Material for this exercise below:

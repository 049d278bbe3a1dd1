-- ===== src/Spooler/Threads/Invariant/Defs.antt =====
-- The invariant of the threads: who has the lock, which strings the spool holds, and what a
-- shutdown and a NULL tell.
use operating_systems_and_sy.Prelude.{ℕ, ◌≡◌, ◌≢◌, Bool, true, false, none, some, List, [], ◌++◌}
use operating_systems_and_sy.Spooler.Ring.Fifo.{Represents}
use operating_systems_and_sy.Spooler.Threads.Thread.{
  Variant, safe, Shared, Pc, ins_test, ins_retry, ins_wake, ins_wait, ins_signal, ins_unlock,
  rem_test, rem_retry, rem_wake, rem_wait, rem_signal, rem_unlock, finished,
}
use operating_systems_and_sy.Spooler.Threads.System.{joining, inserting, System}

module _ {A : Type 0} where
  -- Between pthread_mutex_lock and pthread_mutex_unlock.
  abbrev pub holds : Pc A → Bool
  holds (ins_test a l) = true
  holds (ins_retry a l) = true
  holds (ins_wake a l) = true
  holds (ins_wait a l) = true
  holds (ins_signal l) = true
  holds (ins_unlock l) = true
  holds rem_test = true
  holds rem_retry = true
  holds rem_wake = true
  holds rem_wait = true
  holds (rem_signal r) = true
  holds (rem_unlock r) = true
  holds _ = false

  -- The thread has got NULL from its removal.
  abbrev pub got_null : Pc A → Bool
  got_null (rem_signal none) = true
  got_null (rem_unlock none) = true
  got_null finished = true
  got_null _ = false

  -- The strings of `q` are in the spool `sp`, and all that went in is what came out and `q`.
  pub record Logged (m : Shared A) (q : List A) : Type 0 where
    pub ring : Represents m.spool q
    pub balance : m.inserted ≡ m.removed ++ q

  pub record Inv (v : Variant) (s : System A) (q : List A) : Type 0 where
    pub log : Logged s.mem q
    pub owns : (i : ℕ) → holds (s.pc i) ≡ true → s.mem.buf_lock ≡ some i
    pub all_joined : s.main ≢ joining → (i : ℕ) → inserting (s.pc i) ≡ false
    pub flagged : s.mem.shutdown ≡ true → s.main ≢ joining
    pub never_joined : v ≡ safe → s.main ≡ joining
    pub nulls : (i : ℕ) → got_null (s.pc i) ≡ true → (s.mem.shutdown ≡ true) × (q ≡ [])
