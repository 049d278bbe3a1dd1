-- ===== src/Spooler/Threads/Invariant/Moves.antt =====
-- A step of one thread keeps the invariant.
use mathlib.Core.Path.{subst}
use operating_systems_and_sy.Prelude.{
  ℕ, ◌≡◌, refl, ◌≢◌, ◌∙◌, sym, ap, true, false, some, List, [], ◌∷◌, ◌++◌, Bool-cases, inl, inr,
  arith, append_assoc,
}
use operating_systems_and_sy.Spooler.Ring.{spool_full, spool_remove_unchecked}
use operating_systems_and_sy.Spooler.Ring.Fifo.{
  Represents, insert-Represents, remove-Represents, remove_none, Represents-empty,
}
use operating_systems_and_sy.Spooler.Threads.Thread.{
  Variant, safe, Shared, Pc, ins_test, rem_test, Move, call_insert, ins_acquire, ins_store,
  ins_reacquire, rem_acquire, rem_take, rem_reacquire, insert_step, remove_step, keeps_waiting,
  after_insert, after_remove,
}
use operating_systems_and_sy.Spooler.Threads.System.{joining, update, inserting, System}
use operating_systems_and_sy.Spooler.Threads.Invariant.Defs.{holds, got_null, Logged, Inv}

module _ {A : Type 0} where
  abbrev Nulls : Shared A → (ℕ → Pc A) → List A → Type 0
  Nulls m pc q = (i : ℕ) → got_null (pc i) ≡ true → (m.shutdown ≡ true) × (q ≡ [])

  snoc-Logged :
      {m : Shared A} {q : List A} (a : A)
      → Logged m q
      → spool_full m.spool ≡ false
      → Logged (insert_step m a) (q ++ a ∷ [])
  unfolding insert_step
  snoc-Logged {m} {q} a log room = record {
    ring = insert-Represents a log.ring room;
    balance = ap (λ (l : List A). l ++ a ∷ []) log.balance ∙ append_assoc m.removed q (a ∷ []);
  }

  take-Logged : {m : Shared A} {a : A} {q : List A} → Logged m (a ∷ q) → Logged (remove_step m) q
  unfolding remove_step
  take-Logged {m} {a} {q} log = record {
    ring = (remove-Represents log.ring).1;
    balance =
        rw (remove-Represents log.ring).0 (log.balance ∙ sym (append_assoc m.removed (a ∷ []) q));
  }

  take_none : {m : Shared A} → Logged m [] → remove_step m ≡ m
  unfolding remove_step
  take_none log = rw (remove_none log.ring)

  -- A removal from an empty spool goes on only after the shutdown.
  take_last :
      (v : Variant) (s : System A)
      → Logged s.mem []
      → (i : ℕ) → keeps_waiting v s.mem ≡ false
      → (j : ℕ) → (got_null (s.pc j) ≡ true → (s.mem.shutdown ≡ true) × ◌≡◌ {A = List A} [] [])
      → got_null (update s.pc i (after_remove v (spool_remove_unchecked s.mem.spool).1) j) ≡ true
      → s.mem.shutdown ≡ true
  take_last safe s log i go j n h = ground (arith, Represents-empty log.ring)
  take_last v s log i go j n h = ground (arith, Represents-empty log.ring)

  take_more :
      (v : Variant) (s : System A) {a : A} {q : List A}
      → Logged s.mem (a ∷ q)
      → (i j : ℕ) → (got_null (s.pc j) ≡ true → (s.mem.shutdown ≡ true) × (a ∷ q ≡ []))
      → got_null (update s.pc i (after_remove v (spool_remove_unchecked s.mem.spool).1) j) ≡ true
      → ⊥
  take_more v s log i j n h = ground (arith, (remove-Represents log.ring).0)

  take-Nulls :
      {v : Variant} {s : System A} (q : List A)
      → Inv v s q
      → (i : ℕ) → s.pc i ≡ rem_test
      → keeps_waiting v s.mem ≡ false
      → (q' : List A) × Logged (remove_step s.mem) q'
        × Nulls
            (remove_step s.mem)
            (update s.pc i (after_remove v (spool_remove_unchecked s.mem.spool).1))
            q'
  unfolding remove_step
  take-Nulls {v} {s} [] inv i e go = (
    [],
    rw (take_none inv.log) inv.log,
    λ j h. (take_last v s inv.log i go j (inv.nulls j) h, refl),
  )
  take-Nulls {v} {s} (a ∷ q) inv i e go =
      (q, take-Logged inv.log, λ j h. absurd (take_more v s inv.log i j (inv.nulls j) h))

  module _ {v : Variant} {s : System A} {q : List A} (inv : Inv v s q) (i : ℕ) where
    open inv use {log, owns, all_joined, flagged, nulls}

    Move-owns :
        {p p' : Pc A} {m' : Shared A}
        → Move v i s.mem p m' p'
        → s.pc i ≡ p
        → (j : ℕ) → holds (update s.pc i p' j) ≡ true
        → m'.buf_lock ≡ some j
    unfolding insert_step remove_step
    Move-owns call_insert e j h = ground (arith, owns j)
    Move-owns (ins_acquire free) e j h = ground (arith, owns j)
    Move-owns (ins_reacquire free) e j h = ground (arith, owns j)
    Move-owns (rem_acquire free) e j h = ground (arith, owns j)
    Move-owns (rem_reacquire free) e j h = ground (arith, owns j)
    Move-owns mv e j h = ground (arith, owns j, owns i)

    Move-shutdown :
        {p p' : Pc A} {m' : Shared A} → Move v i s.mem p m' p' → m'.shutdown ≡ s.mem.shutdown
    unfolding insert_step remove_step
    Move-shutdown call_insert = refl
    Move-shutdown mv = refl

    Move-inserting :
        {p p' : Pc A} {m' : Shared A}
        → Move v i s.mem p m' p'
        → s.pc i ≡ p
        → s.main ≢ joining
        → (j : ℕ) → inserting (update s.pc i p' j) ≡ false
    Move-inserting call_insert e w j = ground (arith, all_joined w j, all_joined w i)
    Move-inserting mv e w j = ground (arith, all_joined w j, all_joined w i)

    -- While a producer is in the spool, the main thread has not joined it.
    not_flagged : {a : A} {l : List A} → s.pc i ≡ ins_test a l → s.mem.shutdown ≡ false
    not_flagged e = elim (Bool-cases s.mem.shutdown) [
      | inl set ↦ absurd (ground (arith, all_joined (flagged set) i))
      | inr unset ↦ unset
    ]

    store-Nulls :
        {a : A} {l : List A} (q' : List A)
        → s.pc i ≡ ins_test a l
        → Nulls (insert_step s.mem a) (update s.pc i (after_insert v l)) q'
    unfolding insert_step
    store-Nulls q' e j h = ground (arith, nulls j, not_flagged e)

    same-Logged :
        {m' : Shared A}
        → m'.spool ≡ s.mem.spool
        → m'.inserted ≡ s.mem.inserted
        → m'.removed ≡ s.mem.removed
        → Logged m' q
    same-Logged {m'} e f g = record {
      ring = subst (λ sp. Represents sp q) (sym e) log.ring;
      balance = f ∙ log.balance ∙ ap (λ (l : List A). l ++ q) (sym g);
    }

    Move-Nulls :
        {p p' : Pc A} {m' : Shared A}
        → Move v i s.mem p m' p'
        → s.pc i ≡ p
        → (q' : List A) × Logged m' q' × Nulls m' (update s.pc i p') q'
    Move-Nulls (ins_store room) e = (q ++ _ ∷ [], snoc-Logged _ log room, store-Nulls _ e)
    Move-Nulls (rem_take go) e = take-Nulls q inv i e go
    Move-Nulls call_insert e = (q, log, λ j h. ground (arith, nulls j))
    Move-Nulls mv e = (q, same-Logged refl refl refl, λ j h. ground (arith, nulls j, nulls i))

    pub Move-Inv :
        {p' : Pc A} {m' : Shared A}
        → Move v i s.mem (s.pc i) m' p'
        → (q' : List A) × Inv v (record s { mem = m'; pc = update s.pc i p' }) q'
    Move-Inv mv =
        let (q', log', nulls') = Move-Nulls mv refl in
        (
          q',
          record {
            log = log';
            owns = Move-owns mv refl;
            all_joined = λ w. Move-inserting mv refl w;
            flagged = rw (Move-shutdown mv) flagged;
            never_joined = inv.never_joined;
            nulls = nulls';
          },
        )
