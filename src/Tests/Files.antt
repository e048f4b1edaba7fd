-- ===== src/Tests/Files.antt =====
-- Runs of the backend on the local filesystem, over a disk on which a path's file is the one with the
-- number of its length, long paths are refused, and a second close fails.
use omnistorage_core.Base.{
  ℕ, ◌≡◌, refl, inl, inr, Bool, false, Option, none, some, List, [], ◌++◌, ◌+◌, ltb, arith,
  if◌then◌else◌, ◌==◌, nat_eq, list_eq, length, ok, err, pos, Option-cases,
}
use omnistorage_core.Base.Text.{Text, bytes, has_prefix}
use omnistorage_core.Object.{Error, Fault}
use omnistorage_core.Object.FilePath.{
  split, join, is_dot_dot, is_idle, clean_part, clean_parts, elements, clean, join_path,
  contains_text,
}
use omnistorage_core.Object.FilePath.Traversal.{any_dot_dot}
use omnistorage_core.Object.Files.{
  Os, Backend, FileInfo, default_config, new, full_path, validate_path, check_both, check,
  check_open, dir, ext_loop, make_parents, ext, up_to_slash,
}
use omnistorage_core.Object.Files.Extended.{copy, copy_file}
use omnistorage_core.Object.Files.Paths.{full_path_below}
use omnistorage_core.Object.Files.Escape.{climb, full_path_escapes}
use omnistorage_core.Object.Files.Laws.{IsFileSystem}
use omnistorage_core.Object.Files.Copies.{copy_spares}

-- `files` has the content of each file that exists, `handles` the file that each open handle is on.
record Disk : Type 0 where
  files : ℕ → Option (List ℕ)
  handles : ℕ → Option ℕ
  next : ℕ

-- a long path is refused
abbrev usable : Text → Bool
usable p = ltb (length p) 40

abbrev held : Option (List ℕ) → List ℕ
held none = []
held (some c) = c

abbrev content : ℕ → Disk → List ℕ
content n d = held (d.files n)

abbrev put : ℕ → List ℕ → Disk → Disk
put n c d = record d { files = λ k. if k == n then some c else d.files k }

abbrev handle : ℕ → Disk → Option ℕ
handle h d = if ltb h d.next then d.handles h else none

abbrev opened : ℕ → Disk → Disk
opened n d = record d {
  handles = λ h. if h == d.next then some n else d.handles h;
  next = d.next + 1;
}

-- A second close fails, as does a call on a handle that is not open.
abbrev not_open : Fault
not_open = Fault.broken 9

abbrev disk_os : Os Disk
disk_os = record {
  stat = λ p d. elim (d.files (length p)) [
    | none ↦ err Fault.not_exist
    | some c ↦ ok (record { size = pos (length c); mod_time = 0; is_dir = false })
  ];
  mkdir_all = λ p mode d. (d, none);
  create = λ p mode d.
      if usable p
      then (opened (length p) (put (length p) [] d), ok d.next)
      else (d, err Fault.permission);
  open_file = λ p d. elim (d.files (length p)) [
    | none ↦ (d, err Fault.not_exist)
    | some c ↦ (opened (length p) d, ok d.next)
  ];
  seek = λ h n d. (d, none);
  read = λ h n d. (d, ok none);
  write = λ h chunk d. (d, err not_open);
  copy = λ to from d. elim (handle to d) [
    | none ↦ (d, some not_open)
    | some m ↦ elim (handle from d) [
      | none ↦ (d, some not_open)
      | some n ↦ (put m (content m d ++ content n d) d, none)
    ]
  ];
  close = λ h d. elim (handle h d) [
    | none ↦ (d, some not_open)
    | some n ↦ (record d { handles = λ k. if k == h then none else d.handles k }, none)
  ];
  remove = λ p d. (d, none);
  rename = λ p q d. (d, none);
  walk = λ p d. [];
  rel = λ base p. ok p;
  type_by_extension = λ e. [];
}

disk-open_file :
    (p : Text) (d : Disk) (info : FileInfo)
    → disk_os.stat p d ≡ ok info
    → (h : ℕ) × ((disk_os.open_file p d).1 ≡ ok h)
      × (handle h (disk_os.open_file p d).0 ≡ some (length p))
disk-open_file p d info there = elim (Option-cases (d.files (length p))) [
  | inl missing ↦ absurd (ground (arith, there, missing))
  | inr (c, found) ↦ (d.next, rw found refl, rw found (ground arith))
]

disk-open_file-content :
    (p : Text) (n : ℕ) (d : Disk) → content n (disk_os.open_file p d).0 ≡ content n d
disk-open_file-content p n d = elim (Option-cases (d.files (length p))) [
  | inl missing ↦ rw missing refl
  | inr (c, found) ↦ rw found refl
]

disk-copy :
    (to from m n : ℕ) (d : Disk)
    → handle to d ≡ some m
    → handle from d ≡ some n
    → ((disk_os.copy to from d).1 ≡ none)
      × (handle to (disk_os.copy to from d).0 ≡ some m)
      × ((k : ℕ)
          → content k (disk_os.copy to from d).0
            ≡ (if k == m then content m d ++ content n d else content k d))
disk-copy to from m n d e f =
    (ground (arith, e, f), ground (arith, e, f), λ k. ground (arith, e, f))

disk-IsFileSystem : IsFileSystem disk_os (λ p. length p) usable content handle handle
disk-IsFileSystem = record {
  mkdir_all = λ p mode d h. refl;
  mkdir_all-content = λ p mode n d. refl;
  mkdir_all-stat = λ p q mode d info there file. there;
  open_file = λ p d info u there file. disk-open_file p d info there;
  open_file-content = disk-open_file-content;
  create = λ p mode d u. (d.next, rw u refl);
  create-target = λ p mode h d made. ground (arith, made);
  create-content = λ p mode h n d made. ground (arith, made);
  create-others = λ p mode n d other. ground (arith, other);
  create-source = λ p mode h n d on. ground (arith, on);
  copy = λ to from m n d e f other. disk-copy to from m n d e f;
  copy-others = λ to from m k d e other. ground (arith, e, other);
  close = λ h n d on. ground (arith, on);
  close-content = λ h n d. ground arith;
}

abbrev backend : Backend
backend = new (record default_config { root = bytes "/srv/data" })

program : Unit {0}
unfolding new clean split clean_parts clean_part is_idle is_dot_dot join has_prefix nat_eq list_eq
    validate_path contains_text climb check check_both check_open full_path join_path
program = tt

full_path_below_example :
    (full_path backend (bytes "a/../b") ≡ bytes "/srv/data/b")
    × (any_dot_dot (elements (bytes "a/../b")) ≡ false)
unfolding program validate_path contains_text
full_path_below_example =
    full_path_below backend (bytes "a/../b") (λ e. cc) (λ e. cc) refl refl (λ e. cc)

full_path_escapes_example :
    (validate_path (bytes "/../../etc/passwd") ≡ ok tt)
    × (full_path backend (bytes "/../../etc/passwd") ≡ bytes "/etc/passwd")
unfolding program validate_path contains_text climb
full_path_escapes_example = full_path_escapes backend (bytes "etc/passwd") refl refl

abbrev disk : Disk
disk = record {
  files = λ n. if n == length (bytes "/srv/data/a") then some (bytes "text") else none;
  handles = λ h. none;
  next = 0;
}

-- The destination's path is refused, and the source's file stays.
copy_spares_example :
    content 11
      (copy disk_os none
        (bytes "a")
        (bytes "a_name_that_is_far_too_long_for_this_disk")
        backend
        disk).0
    ≡ bytes "text"
unfolding program
copy_spares_example =
    copy_spares disk_os (λ p. length p) usable content handle handle disk-IsFileSystem none
      (bytes "a") (bytes "a_name_that_is_far_too_long_for_this_disk") backend disk 11 refl

refused_copy :
    (copy disk_os none
      (bytes "a")
      (bytes "a_name_that_is_far_too_long_for_this_disk")
      backend
      disk).1
    ≡ err (Error.wrapped Fault.permission)
unfolding program copy make_parents copy_file
refused_copy = refl

-- A second close of a handle fails.
closed_twice : (disk_os.close 0 (disk_os.close 0 (opened 5 disk)).0).1 ≡ some not_open
unfolding nat_eq
closed_twice = refl

-- A copy of a file onto itself leaves it empty.
copied_onto_itself : content 11 (copy disk_os none (bytes "a") (bytes "./a") backend disk).0 ≡ []
unfolding program copy make_parents copy_file
copied_onto_itself = refl

-- A name that begins with two dots is refused.
refused : validate_path (bytes "..hidden") ≡ err Error.invalid_path
unfolding program
refused = refl

parent : dir (bytes "/srv/data/a") ≡ bytes "/srv/data"
unfolding program dir up_to_slash
parent = refl

extension : ext (bytes "v1.2/report.tar.gz") ≡ bytes ".gz"
unfolding ext_loop nat_eq
extension = refl

no_extension : ext (bytes "v1.2/report") ≡ []
unfolding ext_loop nat_eq
no_extension = refl
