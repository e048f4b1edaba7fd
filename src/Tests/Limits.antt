-- ===== src/Tests/Limits.antt =====
-- Runs of the rate limiter (object/sync/ratelimit.go), and instances of its theorems.
use omnistorage_core.Base.{
  ℕ, ◌+◌, ◌*◌, ◌/◌, ◌≤◌, ◌≡◌, refl, ◌≢◌, none, some, List, [], ◌∷◌, arith, list_eq, nat_eq,
}
use omnistorage_core.Sync.RateLimit
use omnistorage_core.Sync.RateLimit.{
  Bucket, new_bucket, return_tokens, wait_loop, wait, read, Round, refills, takes, returns,
}
use omnistorage_core.Sync.RateLimit.Budget.{income, wait_starves, wait_budget}

program : Unit {0}
unfolding RateLimit.new_bucket RateLimit.return_tokens RateLimit.refill RateLimit.wait_loop
    RateLimit.wait RateLimit.read RateLimit.disturb RateLimit.disturb_once RateLimit.wait_duration
    nat_eq
program = tt

-- a token for each unit of the rate and of the time
abbrev linear : ℕ → ℕ → ℕ
linear elapsed rate = elapsed * rate

abbrev spent : Bucket
spent = record { rate = 2; tokens = 1; max_tokens = 8; last_refill = 10 }

abbrev alone : ℕ → Round
alone now = record { others = []; now = now }

abbrev quiet : List Round
quiet = alone 11 ∷ alone 12 ∷ alone 13 ∷ alone 14 ∷ alone 15 ∷ []

granted :
    wait_loop linear quiet 6 spent
    ≡ some (record spent { tokens = 1; last_refill = 13 }, alone 14 ∷ alone 15 ∷ [])
unfolding program
granted = refl

-- Another reader takes tokens and gives one back while this one sleeps.
abbrev busy : List Round
busy =
    alone 11
    ∷ record { others = refills 12 ∷ takes 4 ∷ returns 1 ∷ []; now = 13 }
    ∷ alone 14
    ∷ alone 15
    ∷ []

granted_late :
    wait_loop linear busy 6 spent
    ≡ some (record spent { tokens = 0; last_refill = 14 }, alone 15 ∷ [])
unfolding program
granted_late = refl

short_read :
    read linear (λ size. 2) (takes 1 ∷ []) quiet 6 (some spent)
    ≡ some (2, some (record spent { tokens = 4; last_refill = 13 }), alone 14 ∷ alone 15 ∷ [])
unfolding program
short_read = refl

limited : spent.rate ≢ 0
limited h = cc

wait_starves_example : wait linear busy 9 spent ≡ none
wait_starves_example = wait_starves linear busy 9 spent limited (omega arith)

-- a token for each unit of the rate and of a second
abbrev seconds : ℕ → ℕ → ℕ
seconds elapsed rate = elapsed * rate / 1000000000

wait_budget_example :
    (6 + 0 + income linear 2 14 (alone 15 ∷ []) ≤ 1 + income linear 2 10 busy)
    × (0 + 6 ≤ 8)
    × (◌≡◌ {A = ℕ} 8 8)
    × (◌≡◌ {A = ℕ} 2 2)
wait_budget_example = wait_budget linear busy 6 spent granted_late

End of Material for this exercise.

- [Your assignment]: Set down precisely the lines above between the line holding "open inv use" and the line holding "Move-owns call_insert e", inclusive, and nothing beyond them.

- [Answer to the exercise]:
    open inv use {log, owns, all_joined, flagged, nulls}

    Move-owns :
        {p p' : Pc A} {m' : Shared A}
        → Move v i s.mem p m' p'
        → s.pc i ≡ p
        → (j : ℕ) → holds (update s.pc i p' j) ≡ true
        → m'.buf_lock ≡ some j
    unfolding insert_step remove_step
    Move-owns call_insert e j h = ground (arith, owns j)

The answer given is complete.